Input records:
════
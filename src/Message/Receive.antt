-- ===== src/Message/Receive.antt =====
-- Which messages a recipient takes.
use geodineum_comms.Prelude.{
  ℕ, ◌≤◌, String, ◌==◌, eq_iff, ◌≡◌, ◌↔◌, ◌⊎◌, Bool, true, ◌||◌, List, [], ◌∷◌, arith, any,
}
use geodineum_comms.Prelude.Texts.{In}
use geodineum_comms.Message.{RecipientConfig, should_receive}

abbrev wants : String → String → Bool
wants message_type t = t == message_type || t == "all"

wants_some : (m : String) (ts : List String) → any (wants m) ts ≡ true → (In m ts) ⊎ (In "all" ts)
wants_some m [] h = cc
wants_some m (t ∷ ts) h = ground (arith, wants_some m ts, eq_iff t m, eq_iff t "all")

any_of_In : (m : String) (ts : List String) → (In m ts) ⊎ (In "all" ts) → any (wants m) ts ≡ true
any_of_In m [] h = ground arith
any_of_In m (t ∷ ts) h = ground (arith, any_of_In m ts, eq_iff t m, eq_iff t "all")

-- A recipient takes a message exactly when its priority number is at most the recipient's, and the
-- recipient names no type, or the message's, or `all`.
pub should_receive_iff :
    (r : RecipientConfig) (m : String) (p : ℕ)
    → (should_receive r m p ≡ true)
      ↔ ((p ≤ r.min_priority) × ((r.types ≡ []) ⊎ (In m r.types) ⊎ (In "all" r.types)))
unfolding should_receive
should_receive_iff r m p = (to, from)
  where
    to :
        should_receive r m p ≡ true
        → (p ≤ r.min_priority) × ((r.types ≡ []) ⊎ (In m r.types) ⊎ (In "all" r.types))
    to h = ground (arith, wants_some m r.types)

    from :
        (p ≤ r.min_priority) × ((r.types ≡ []) ⊎ (In m r.types) ⊎ (In "all" r.types))
        → should_receive r m p ≡ true
    from h = ground (arith, any_of_In m r.types)
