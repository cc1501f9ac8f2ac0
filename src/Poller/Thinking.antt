-- ===== src/Poller/Thinking.antt =====
-- The loop of strip_thinking (src/inbound/response_poller.rs) ends: no round is left over.
use Prim.Native.Char.{code, Char}
use Prim.Native.String.{String, count}
use text.Mathlib.TextLemmas.{length-cons}
use geodineum_comms.Prelude.{ℕ, zero, suc, ◌≤◌, ◌≡◌, refl, ap, Option, none, some, arith, eqb}
use geodineum_comms.Prelude.Chars.{strip_prefix, after}
use geodineum_comms.Prelude.Within.{
  IsWithin, IsWithin-if, IsWithin-more, strip_prefix-IsWithin, after-IsWithin,
}
use geodineum_comms.Poller.{behind, trace_here, strip_from}

-- a trace that starts here leaves at most that many characters
abbrev IsShorter : ℕ → Option (Option String) → Type 0
IsShorter n none = Unit {0}
IsShorter n (some found) = IsWithin n found

behind-IsShorter :
    (n : ℕ) (close : String) (o : Option String) → IsWithin n o → IsShorter n (behind close o)
behind-IsShorter n close none h = tt
behind-IsShorter n close (some t) h =
    IsWithin-more (count t) n (after close t) h (after-IsWithin close t)

-- an opening tag takes the first character and more
trace_here-IsShorter : (c : Char) (s : String) → IsShorter (count s) (trace_here (String.◌∷◌ c s))
unfolding strip_prefix
trace_here-IsShorter c s = by_tag (behind "</think>" (strip_prefix "<think>" (String.◌∷◌ c s))) (
    behind-IsShorter (count s) "</think>" _ (
      IsWithin-if _ (eqb b'<' (code c)) (strip_prefix "think>" s)
        (strip_prefix-IsWithin "think>" s)))
  where
    by_tag :
        (o : Option (Option String))
        → IsShorter (count s) o
        → IsShorter (count s) (elim o [
          | some found ↦ some found
          | none ↦ behind "</thinking>" (strip_prefix "<thinking>" (String.◌∷◌ c s))
        ])
    by_tag none h = behind-IsShorter (count s) "</thinking>" _ (
        IsWithin-if _ (eqb b'<' (code c)) (strip_prefix "thinking>" s)
          (strip_prefix-IsWithin "thinking>" s))
    by_tag (some found) h = h

one_round :
    (f g : ℕ) (c : Char) (s : String) (o : Option (Option String))
    → IsShorter (count s) o
    → ((t : String) → count t ≤ count s → strip_from f t ≡ strip_from g t)
    → ◌≡◌ {A = String}
        (elim o [
          | none ↦ String.◌∷◌ c (strip_from f s)
          | some found ↦ elim found [ none ↦ "" | some rest ↦ strip_from f rest ]
        ])
        (elim o [
          | none ↦ String.◌∷◌ c (strip_from g s)
          | some found ↦ elim found [ none ↦ "" | some rest ↦ strip_from g rest ]
        ])
one_round f g c s none h k = ap (λ t. String.◌∷◌ c t) (k s (omega arith))
one_round f g c s (some none) h k = refl
one_round f g c s (some (some rest)) h k = k rest h

not_empty : (c : Char) (s : String) → count (String.◌∷◌ c s) ≤ 0 → ⊥
not_empty c s h = omega (arith, h, length-cons c s)

-- With any number of rounds from the count of the characters on, the loop gives the same text.
pub strip_from_rounds :
    (f : ℕ) (s : String) (g : ℕ) → count s ≤ f → count s ≤ g → strip_from f s ≡ strip_from g s
unfolding strip_from
strip_from_rounds zero String.[] zero h k = refl
strip_from_rounds zero String.[] (suc g) h k = refl
strip_from_rounds (suc f) String.[] zero h k = refl
strip_from_rounds (suc f) String.[] (suc g) h k = refl
strip_from_rounds zero (String.◌∷◌ c s) g h k = absurd (not_empty c s h)
strip_from_rounds (suc f) (String.◌∷◌ c s) zero h k = absurd (not_empty c s k)
strip_from_rounds (suc f) (String.◌∷◌ c s) (suc g) h k =
    one_round f g c s (trace_here (String.◌∷◌ c s)) (trace_here-IsShorter c s) (λ t l.
      strip_from_rounds f t g (omega (arith, h, l, length-cons c s))
        (omega (arith, k, l, length-cons c s)))
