-- ===== src/RateLimiter/Capacity.antt =====
-- The map of `DispatchRateLimiter` is bounded, whatever sites call.
use geodineum_comms.Prelude.{
  ℕ, ◌≤◌, ◌<◌, String, ◌≡◌, ◌⊎◌, inl, inr, true, List, [], ◌∷◌, ◌++◌, arith, length, any,
  Bool-cases,
}
use geodineum_comms.Prelude.Dict.{
  insert, contains_key, length-insert_new, length-insert_old, length-retain,
}
use geodineum_comms.RateLimiter.{
  DispatchRateLimiter, max_tracked_sites, new, in_window, evict, pruned, try_acquire,
}

length-insert_le :
    (k : String) (v : List ℕ) (l : DispatchRateLimiter) (now : ℕ)
    → contains_key k (evict now l) ≡ true ⊎ (length (evict now l) < max_tracked_sites)
    → length (evict now l) ≤ max_tracked_sites
    → length (insert k v (evict now l)) ≤ max_tracked_sites
length-insert_le k v l now room h = elim (Bool-cases (contains_key k (evict now l))) [
  | inl old ↦ omega (arith, length-insert_old k v (evict now l) old)
  | inr new ↦ ground (arith, length-insert_new k v (evict now l) new)
]

length-evict : (now : ℕ) (l : DispatchRateLimiter) → length (evict now l) ≤ length l.windows
unfolding evict
length-evict now l = length-retain (any (in_window now l.window_duration)) l.windows

-- If the map holds at most `max_tracked_sites` sites, it does so after a call too.
pub try_acquire_capacity :
    (now : ℕ) (site : String) (l : DispatchRateLimiter)
    → length l.windows ≤ max_tracked_sites
    → length (try_acquire now site l).0.windows ≤ max_tracked_sites
unfolding try_acquire
try_acquire_capacity now site l h = ground (
  arith,
  length-evict now l,
  length-insert_le site (pruned now site l) l now,
  length-insert_le site (pruned now site l ++ now ∷ []) l now,
)
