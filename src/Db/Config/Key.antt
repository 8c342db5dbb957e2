-- ===== src/Db/Config/Key.antt =====
-- `ConfigRepo`: that a value which was set is got back, and that the API key of the instance is made
-- once.
use oxidarr.Common.{
  same_left, same_right, ℕ, ◌+◌, ◌*◌, ◌≡◌, refl, List, [], ◌∷◌, Text, text_eq, arith, if◌then◌else◌,
  Option, none, some, length,
}
use oxidarr.Common.Outcome.{ok}
use oxidarr.Common.Act.{Yields, Yields-bind, Yields-pure, Yields-imp, Yields-self}
use oxidarr.Db.Conn.{Conn, Disk, statement, start, finish}
use oxidarr.Db.Statements.{statement-Yields}
use oxidarr.Db.Config.{
  api_key_config_key, value_of, put, put_if_absent, hex, get, or_missing,
  generate_and_persist_api_key, key_or_generate, api_key,
}

-- `set` writes one key of the config, seen as a partial function.
pub value_of-put :
    (key value : Text) (rows : List (Text × Text)) (other : Text)
    → value_of other (put key value rows)
      ≡ (if text_eq key other then some value else value_of other rows)
unfolding value_of put
value_of-put key value [] other = ground arith
value_of-put key value ((k, v) ∷ rest) other =
    ground (arith, same_left k key other, same_right k key other, value_of-put key value rest other)

-- The hexadecimal text of the random bytes has two digits for each.
pub length-hex : (bytes : List ℕ) → length (hex bytes) ≡ 2 * length bytes
unfolding hex
length-hex [] = refl
length-hex (b ∷ rest) = ground (arith, length-hex rest)

module _ (disk : Disk) where
  -- The key is in the config.
  abbrev Holds : Text → Conn → Type 0
  Holds key c = value_of api_key_config_key c.tables.config ≡ some key

  get-Holds :
      (conn : Conn)
      → Yields
          (get disk api_key_config_key)
          conn
          (λ found c. value_of api_key_config_key c.tables.config ≡ found)
  unfolding get
  get-Holds conn =
      Yields-imp _ (statement-Yields disk (λ t. ok (value_of api_key_config_key t.config, t)) conn)
        λ found c e. ground (arith, e)

  or_missing-Holds :
      (found : Option Text) (conn : Conn)
      → value_of api_key_config_key conn.tables.config ≡ found
      → Yields (or_missing disk found) conn Holds
  unfolding or_missing
  or_missing-Holds none conn h = record { at = λ a t e. cc }
  or_missing-Holds (some key) conn h = Yields-pure key h

  generate-Holds :
      (bytes : List ℕ) (conn : Conn) → Yields (generate_and_persist_api_key disk bytes) conn Holds
  unfolding generate_and_persist_api_key
  generate-Holds bytes conn =
      Yields-bind _ _
        (Yields-self (
          statement disk (λ t.
            ok (tt, record t { config = put_if_absent api_key_config_key (hex bytes) t.config }))))
        λ _ c1 _. Yields-bind _ _ (get-Holds c1) λ found c2 h. or_missing-Holds found c2 h

  key_or_generate-Holds :
      (bytes : List ℕ) (found : Option Text) (conn : Conn)
      → value_of api_key_config_key conn.tables.config ≡ found
      → Yields (key_or_generate disk bytes found) conn Holds
  unfolding key_or_generate
  key_or_generate-Holds bytes none conn h = generate-Holds bytes conn
  key_or_generate-Holds bytes (some key) conn h = Yields-pure key h

  api_key-Holds : (bytes : List ℕ) (conn : Conn) → Yields (api_key disk bytes) conn Holds
  unfolding api_key
  api_key-Holds bytes conn =
      Yields-bind _ _ (get-Holds conn) λ found c h. key_or_generate-Holds bytes found c h

  held_key :
      (bytes : List ℕ) (key : Text) (c : Conn)
      → disk c.queries ≡ none
      → Holds key c
      → api_key disk bytes c ≡ (ok key, record c { queries = c.queries + 1 })
  unfolding api_key get key_or_generate statement start finish
  held_key bytes key c quiet h = rw (quiet, h) refl

  -- Once `api_key` has returned a key, it returns that key again, whatever the random bytes are, if
  -- SQLite runs the query; the tables stay as they are.
  api_key-api_key :
      (bytes bytes' : List ℕ) (conn : Conn) (key : Text) (c : Conn)
      → api_key disk bytes conn ≡ (ok key, c)
      → disk c.queries ≡ none
      → api_key disk bytes' c ≡ (ok key, record c { queries = c.queries + 1 })
  api_key-api_key bytes bytes' conn key c e quiet =
      held_key bytes' key c quiet ((api_key-Holds bytes conn).at key c e)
════
What the task asks: Only the count should be given: the number of lines in the entries above containing the word "after".

Task solution: 4